● ABOUT THIS EXERCISE
Write out exactly the lines that run from the one containing "map-UsersOk s.users good.1.1.1.1.0" to the end of the entries below, with both end lines included.

--- PROVIDED INFORMATION Enclosed Below ---

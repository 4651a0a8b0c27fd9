-- ===== src/Standalone/Users.antt =====
-- The users of a standalone node whose configuration was accepted.
use xboard_node_win.Common.{
  ℤ, Text, Bool, true, false, is_empty, from_option, Option, none, some, List, [], ◌∷◌, map,
  Distinct, int_key, text_key, ◌≡◌, refl, ap, if◌then◌else◌,
}
use xboard_node_win.Model.{UserSpec}
use xboard_node_win.Config.{Config, StandaloneUser, StandaloneConfig, is_standalone}
use xboard_node_win.Config.Validate.{validate}
use xboard_node_win.Config.Validate.Accepts.{
  ids_of, uuids_of, StandaloneOk, NodeOk, ModeOk, validate_lem,
}
use xboard_node_win.Standalone.{user_of, user_specs_from_standalone}

abbrev pub spec_ids : List UserSpec → List ℤ
spec_ids [] = []
spec_ids (u ∷ us) = u.id ∷ spec_ids us

abbrev pub spec_uuids : List UserSpec → List Text
spec_uuids [] = []
spec_uuids (u ∷ us) = u.uuid ∷ spec_uuids us

-- There are users, and no two share an id or a uuid.
abbrev pub UsersOk : List UserSpec → Type 0
UsersOk us = (is_empty us ≡ false) × (Distinct (spec_ids us) × Distinct (spec_uuids us))

spec_ids-map : (us : List StandaloneUser) → spec_ids (map user_of us) ≡ ids_of us
unfolding user_of
spec_ids-map [] = refl
spec_ids-map (u ∷ us) = ap (λ is. u.id ∷ is) (spec_ids-map us)

spec_uuids-map : (us : List StandaloneUser) → spec_uuids (map user_of us) ≡ uuids_of us
unfolding user_of
spec_uuids-map [] = refl
spec_uuids-map (u ∷ us) = ap (λ is. u.uuid ∷ is) (spec_uuids-map us)

is_empty-map : (us : List StandaloneUser) → is_empty (map user_of us) ≡ is_empty us
is_empty-map [] = refl
is_empty-map (u ∷ us) = refl

map-UsersOk :
    (us : List StandaloneUser)
    → is_empty us ≡ false
    → Distinct (ids_of us)
    → Distinct (uuids_of us)
    → UsersOk (map user_of us)
map-UsersOk us e i u = rw (is_empty-map us, spec_ids-map us, spec_uuids-map us) (e, (i, u))

enabled_ok : (b : Bool) (A B : Type 0) → b ≡ true → (if b then A else B) → A
enabled_ok true A B h m = m
enabled_ok false A B h m = cc

by_section :
    (c : Config) (o : Option StandaloneConfig)
    → elim o [ none ↦ false | some s ↦ s.enabled ] ≡ true
    → ModeOk o c
    → UsersOk (from_option [] (elim o [ none ↦ none | some s ↦ some (map user_of s.users) ]))
by_section c none h m = cc
by_section c (some s) h m =
    let good = enabled_ok s.enabled (StandaloneOk c.nodes s) (NodeOk c.machine c) h m in
    map-UsersOk s.users good.1.1.1.1.0 good.1.1.1.1.1.1.0 good.1.1.1.1.1.1.1

-- A standalone node whose configuration `validate` accepts hands the service some users, no two of
-- them with one id or one uuid.
pub user_specs_from_standalone-UsersOk :
    (c : Config)
    → is_standalone c ≡ true
    → validate c ≡ none
    → UsersOk (from_option [] (user_specs_from_standalone c))
unfolding user_specs_from_standalone is_standalone
user_specs_from_standalone-UsersOk c b h = by_section c c.standalone b ((validate_lem c).0 h).0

--- End of Enclosed PROVIDED INFORMATION ---

● ANSWER SPACE
    map-UsersOk s.users good.1.1.1.1.0 good.1.1.1.1.1.1.0 good.1.1.1.1.1.1.1

-- A standalone node whose configuration `validate` accepts hands the service some users, no two of
-- them with one id or one uuid.
pub user_specs_from_standalone-UsersOk :
    (c : Config)
    → is_standalone c ≡ true
    → validate c ≡ none
    → UsersOk (from_option [] (user_specs_from_standalone c))
unfolding user_specs_from_standalone is_standalone
user_specs_from_standalone-UsersOk c b h = by_section c c.standalone b ((validate_lem c).0 h).0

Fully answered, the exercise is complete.